Quero me ater ao momento do julgamento de João Grilo, do Padre, do Bispo, do Cangaceiro e de toda gente que se encontrava diante de Jesus, nominado Manuel na peça, tendo o Diabo, chamado de Encourado, por acusador.
Quase findando o julgamento, com a perspectiva dos personagens serem condenados ao inferno, diante de uma balbúrdia causada por João diz o Diabo:
ENCOURADO
A confusão já começa. Apelo para a justiça.
JOÃO GRILO
E eu para a misericórdia.
Nessa de Justiça e Misericórdia, diz Manuel:
MANUEL
Com quem você vai se pegar, João? Com algum santo?
JOÃO GRILO
O senhor não repare não, mas de besta eu só tenho a cara. Meu trunfo é maior do que qualquer santo.
MANUEL
Quem é?
JOÃO GRILO
A mãe da justiça.
ENCOURADO, rindo
Ah, a mãe da justiça! Quem é essa?
MANUEL
Não ria, porque ela existe.
BISPO
E quem é?
MANUEL
A misericórdia
Diz Manuel que a mãe da Justiça é a Misericórdia, e vai João fazer o chamado daquela pessoa que ele acreditava que salvaria a todos do submundo.
JOÃO GRILO
Ah isso é comigo. Vou fazer um chamado especial,
em verso. Garanto que ela vem, querem ver?
(Recitando).
Valha-me Nossa Senhora,
Mãe de Deus de Nazaré!
A vaca mansa dá leite,
A braba dá quando quer.
A mansa dá sossegada,
A braba levanta o pé.
Já fui barco, fui navio,
Mas hoje sou escaler.
Já fui menino, fui homem,
Só me falta ser mulher.
Já fui barco, fui navio,
Mas hoje sou escaler.
Já fui menino, fui homem,
Só me falta ser mulher.
Valha-me Nossa Senhora,
Mãe de Deus de Nazaré
Durante o verso, o Encourado diz a João que ele está agindo de forma desrespeitosa, no que ele responde, recordando aqui a dupla imagem da mãe: aquela mãe pobre e sofrida que o criou e ninava para dormir e a mãe de Jesus:
JOÃO GRILO
Falta de respeito nada, rapaz! Isso é o versinho de Canário Pardo que minha mãe cantava para eu dormir. Isso tem nada de falta de respeito!
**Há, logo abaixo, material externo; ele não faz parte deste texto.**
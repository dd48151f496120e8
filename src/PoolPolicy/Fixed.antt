-- ===== src/PoolPolicy/Fixed.antt =====
-- The laws of the policies that read no load: the rounds, the random ones and Priority.
use rsplib.Base.{refl}
use rsplib.PoolPolicy.Compare.{
  priority_comparison, random_comparison, round_robin_comparison, weighted_random_comparison,
  weighted_random_dpf_comparison, weighted_round_robin_comparison,
}
use rsplib.PoolPolicy.Update.{random_update, weighted_random_update, weighted_round_robin_update}
use rsplib.PoolPolicy.Dpf.{DoubleArith, weighted_random_dpf_update}
use rsplib.PoolPolicy.Table.{
  round_robin, weighted_round_robin, random, weighted_random, weighted_random_dpf, priority,
}
use rsplib.PoolPolicy.Order.{
  IsPolicy, Keeps-refl, KeepAll-refl, by_seq, by_identifier, by_key_descending, by_counters,
}
use rsplib.PoolPolicy.Rounds.{
  weighted_round_robin_update-Keeps, weighted_round_robin_initialize-Keeps,
  weighted_round_robin_prepare-KeepAll, weighted_round_robin_prepare-IsSorted,
}

module _ (d : DoubleArith) where
  pub round_robin-IsPolicy : IsPolicy (round_robin d)
  unfolding round_robin round_robin_comparison
  round_robin-IsPolicy = record {
    compares = by_seq;
    update_keeps = λ e. Keeps-refl e;
    initialize_keeps = λ es e h. Keeps-refl e;
    prepare_keeps = λ es. KeepAll-refl es;
    prepare_sorted = λ es h s. s;
  }

  pub weighted_round_robin-IsPolicy : IsPolicy (weighted_round_robin d)
  unfolding weighted_round_robin weighted_round_robin_comparison weighted_round_robin_update
  weighted_round_robin-IsPolicy = record {
    compares = by_counters;
    update_keeps = λ e. weighted_round_robin_update-Keeps e;
    initialize_keeps = λ es e h. weighted_round_robin_initialize-Keeps es e h;
    prepare_keeps = λ es. weighted_round_robin_prepare-KeepAll es;
    prepare_sorted = λ es h s. weighted_round_robin_prepare-IsSorted es h s;
  }

  pub random-IsPolicy : IsPolicy (random d)
  unfolding random random_comparison random_update
  random-IsPolicy = record {
    compares = by_identifier;
    update_keeps = λ e. record {
      same_identifier = refl;
      same_account = refl;
      same_seq = refl;
      same_settings = refl;
      only_counters = refl;
      fits = λ h. h;
    };
    initialize_keeps = λ es e h. Keeps-refl e;
    prepare_keeps = λ es. KeepAll-refl es;
    prepare_sorted = λ es h s. s;
  }

  pub weighted_random-IsPolicy : IsPolicy (weighted_random d)
  unfolding weighted_random weighted_random_comparison weighted_random_update
  weighted_random-IsPolicy = record {
    compares = by_identifier;
    update_keeps = λ e. record {
      same_identifier = refl;
      same_account = refl;
      same_seq = refl;
      same_settings = refl;
      only_counters = refl;
      fits = λ h. h;
    };
    initialize_keeps = λ es e h. Keeps-refl e;
    prepare_keeps = λ es. KeepAll-refl es;
    prepare_sorted = λ es h s. s;
  }

  pub weighted_random_dpf-IsPolicy : IsPolicy (weighted_random_dpf d)
  unfolding weighted_random_dpf weighted_random_dpf_comparison weighted_random_dpf_update
  weighted_random_dpf-IsPolicy = record {
    compares = by_identifier;
    update_keeps = λ e. record {
      same_identifier = refl;
      same_account = refl;
      same_seq = refl;
      same_settings = refl;
      only_counters = refl;
      fits = λ h. h;
    };
    initialize_keeps = λ es e h. Keeps-refl e;
    prepare_keeps = λ es. KeepAll-refl es;
    prepare_sorted = λ es h s. s;
  }

  pub priority-IsPolicy : IsPolicy (priority d)
  unfolding priority priority_comparison
  priority-IsPolicy = record {
    compares = by_key_descending (λ e. e.policy_settings.weight) (λ e n. refl) (λ e f. refl);
    update_keeps = λ e. Keeps-refl e;
    initialize_keeps = λ es e h. Keeps-refl e;
    prepare_keeps = λ es. KeepAll-refl es;
    prepare_sorted = λ es h s. s;
  }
Com o chamado, é a figura da mãe compassiva que entra em cena, aquela que compreende, aquela que acolhe, aquela que defende, aquela que protege os seus filhos, no caso, a humanidade.
O Encourado insiste que João Grilo está desrespeitando a Compadecida, indagada, ela esclarece:
A COMPADECIDA
Não, João, por que eu iria me zangar? Aquele é o versinho que Canário Pardo escreveu para mim e que eu agradeço. Não deixa de ser uma oração, uma invocação. Tem umas graças, mas isso até a torna alegre e foi coisa de que eu sempre gostei. Quem gosta de tristeza é o diabo.
JOÃO GRILO
É porque esse camarada aí, tudo o que se diz ele enrasca a gente, dizendo que é falta de respeito.
A COMPADECIDA
É máscara dele, João. Como todo fariseu, o diabo é muito apegado às formas exteriores. É um fariseu consumado.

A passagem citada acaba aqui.